### [TASK]
Below are entries; output exactly the lines from the one with "key = p.key;" to the one with "model_id = r.model_id;", both included, and nothing else.

Content starts

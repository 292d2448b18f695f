-- ===== src/Bundle/Export.antt =====
-- `ExportLatestEnabled` of internal/modelio/io.go.
pub mod RoundTrip
use contrato_core.Base.{
  ℕ, String, ◌<>◌, Bool, true, ◌&&◌, Option, none, some, List, [], ◌∷◌, map, select, ◌==◌,
  string_eq, nat_eq, if◌then◌else◌, ℤ, pos,
}
use contrato_core.Json.{Json, text, Fields, field, end, Map, from_map}
use contrato_core.Storage.{Result, ok, err, Err, message, Tenant, ModelVersion}
use contrato_core.Storage
use contrato_core.Storage.Server.{World, ContractRow, ReasonRow, ObligationRow}
use contrato_core.Storage.Exec.{Exec, pure, fail, query, reject_if, ◌>>=◌, ◌>>◌}
use contrato_core.Repo.ModelVersions.{get_latest_enabled}
use contrato_core.Repo.Contracts.{or_empty}
use contrato_core.Repo.Registries.{get_tenant_by_name}
use contrato_core.Snapshot.{
  model_nodes, model_edges, model_properties, model_contracts, first_difference,
}
use contrato_core.Bundle
use contrato_core.Bundle.{Bundle}
use contrato_core.Bundle.Import.{Options}

-- `ORDER BY domain, name`, by insertion.
module _ {A : Type 0} (before : A → A → Bool) where
  place : A → List A → List A
  place a [] = a ∷ []
  place a (x ∷ xs) = let rest = place a xs in if before a x then a ∷ x ∷ xs else x ∷ rest

  pub sorted : List A → List A
  unfolding place
  sorted [] = []
  sorted (a ∷ as') = place a (sorted as')

abbrev pair_before : (String → String → Bool) → String × String → String × String → Bool
pair_before before (d, n) (d', n') = if d == d' then before n n' else before d d'

unfoldable pub tenant_types : String → World → List Bundle.Kind
unfolding sorted
tenant_types t w =
    map (λ (p : String × String). record { domain = p.0; name = p.1 })
      (sorted (pair_before w.server.before) (
        map (λ (k : Storage.Kind). (k.domain, k.name)) (select (λ k. k.tenant_id == t) w.db.types)))

unfoldable pub tenant_statuses : String → World → List Bundle.Status
unfolding sorted
tenant_statuses t w =
    map (λ (p : String × String). record { domain = p.0; name = p.1 })
      (sorted (pair_before w.server.before) (
        map (λ (s : Storage.Status). (s.domain, s.name))
          (select (λ s. s.tenant_id == t) w.db.statuses)))

-- The codes and obligations of one version of a contract. The source groups the rows by the text
-- `id:version`, which is different for different ids and versions.
unfoldable pub reasons_of : List ReasonRow → String → ℕ → List String
reasons_of rows id v =
    map (λ (r : ReasonRow). r.code)
      (select (λ r. r.contract_id == id && r.contract_version == v) rows)

-- What is left where the error of `json.Unmarshal` is dropped: a nil map.
abbrev pub or_nil_map : Option Map → Map
or_nil_map none = none
or_nil_map (some m) = m

-- `unmarshal` is `json.Unmarshal` into a `map[string]any`.
module _ (unmarshal : String → Option Map) where
  unfoldable pub obligations_of : List ObligationRow → String → ℕ → List Map
  obligations_of rows id v =
      map
        (λ (r : ObligationRow). some (
          field "name" (text r.obligation)
            (field "params" (from_map (or_nil_map (unmarshal r.params))) end)))
        (select (λ r. r.contract_id == id && r.contract_version == v) rows)

  unfoldable pub node_of : Storage.Node → Bundle.Node
  node_of n = record {
    id = n.id;
    domain = n.domain;
    type = n.type;
    blob = or_nil_map (unmarshal n.blob);
  }

  unfoldable pub exported_nodes : String → ModelVersion → World → List Bundle.Node
  unfolding node_of
  exported_nodes t mv w = map node_of (model_nodes t mv w)

  unfoldable pub edge_of : Storage.Edge → Bundle.Edge
  edge_of x = record {
    from_id = x.from_id;
    to_id = x.to_id;
    domain = x.domain;
    type = x.type;
    blob = or_nil_map (unmarshal x.blob);
  }

  unfoldable pub property_of : Storage.Property → Bundle.Property
  property_of p = record {
    owner_type = p.owner_type;
    owner_id = p.owner_id;
    key = p.key;
    value = or_nil_map (unmarshal p.value_json);
  }

  unfoldable pub contract_of : List ReasonRow → List ObligationRow → ContractRow → Bundle.Contract
  contract_of reasons obligations r = record {
    id = r.id;
    domain = r.domain;
    type = r.type;
    status = r.status;
    action = or_empty r.action;
    model_id = r.model_id;
    model_version = r.model_version;
    blob = or_nil_map (unmarshal r.blob);
    reasons = reasons_of reasons r.id r.version;
    obligations = obligations_of obligations r.id r.version;
  }

  unfoldable pub load_contracts : String → ModelVersion → Exec (List Bundle.Contract)
  load_contracts t mv = do
    reasons ← query λ w. select (λ r. r.tenant_id == t) w.db.contract_reasons
    obligations ← query λ w. select (λ r. r.tenant_id == t) w.db.contract_obligations
    rows ← query (model_contracts t mv)
    pure (map (contract_of reasons obligations) rows)

  -- The bundle that is written.
  unfoldable pub export_model : Options → Exec Bundle
  export_model opts = do
    t ← get_tenant_by_name opts.tenant_name
    mv ← get_latest_enabled t.id
    types ← query (tenant_types t.id)
    statuses ← query (tenant_statuses t.id)
    ns ← query (exported_nodes t.id mv)
    xs ← query (model_edges t.id mv)
    ps ← query (model_properties t.id mv)
    cs ← if opts.with_contracts then load_contracts t.id mv else pure []
    pure (record {
      format_version = pos 1;
      tenant_name = opts.tenant_name;
      model = record {
        model_id = mv.model_id;
        version = mv.version;
        status = mv.status;
        change_note = mv.change_note;
        created_at = mv.created_at;
      };
      types = types;
      statuses = statuses;
      nodes = ns;
      edges = map edge_of xs;
      properties = map property_of ps;
      contracts = cs;
    })

  -- `encode` is `json.MarshalIndent`, and `write_file` is `os.WriteFile`.
  module _ (encode : Bundle → Result String)
      (write_file : String → String → Result (Unit {0})) where
    abbrev and_write : String → Result String → Exec (Unit {0})
    and_write path (err x) w = (err x, w)
    and_write path (ok raw) w = (write_file path raw, w)

    unfoldable pub export_latest_enabled : Options → Exec (Unit {0})
    export_latest_enabled opts = do
      reject_if (opts.tenant_name == "") (message "tenant name required")
      reject_if (opts.output_path == "") (message "output path required")
      b ← export_model opts
      and_write opts.output_path (encode b)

Content ends

### [EXERCISE SOLUTION]
    key = p.key;
    value = or_nil_map (unmarshal p.value_json);
  }

  unfoldable pub contract_of : List ReasonRow → List ObligationRow → ContractRow → Bundle.Contract
  contract_of reasons obligations r = record {
    id = r.id;
    domain = r.domain;
    type = r.type;
    status = r.status;
    action = or_empty r.action;
    model_id = r.model_id;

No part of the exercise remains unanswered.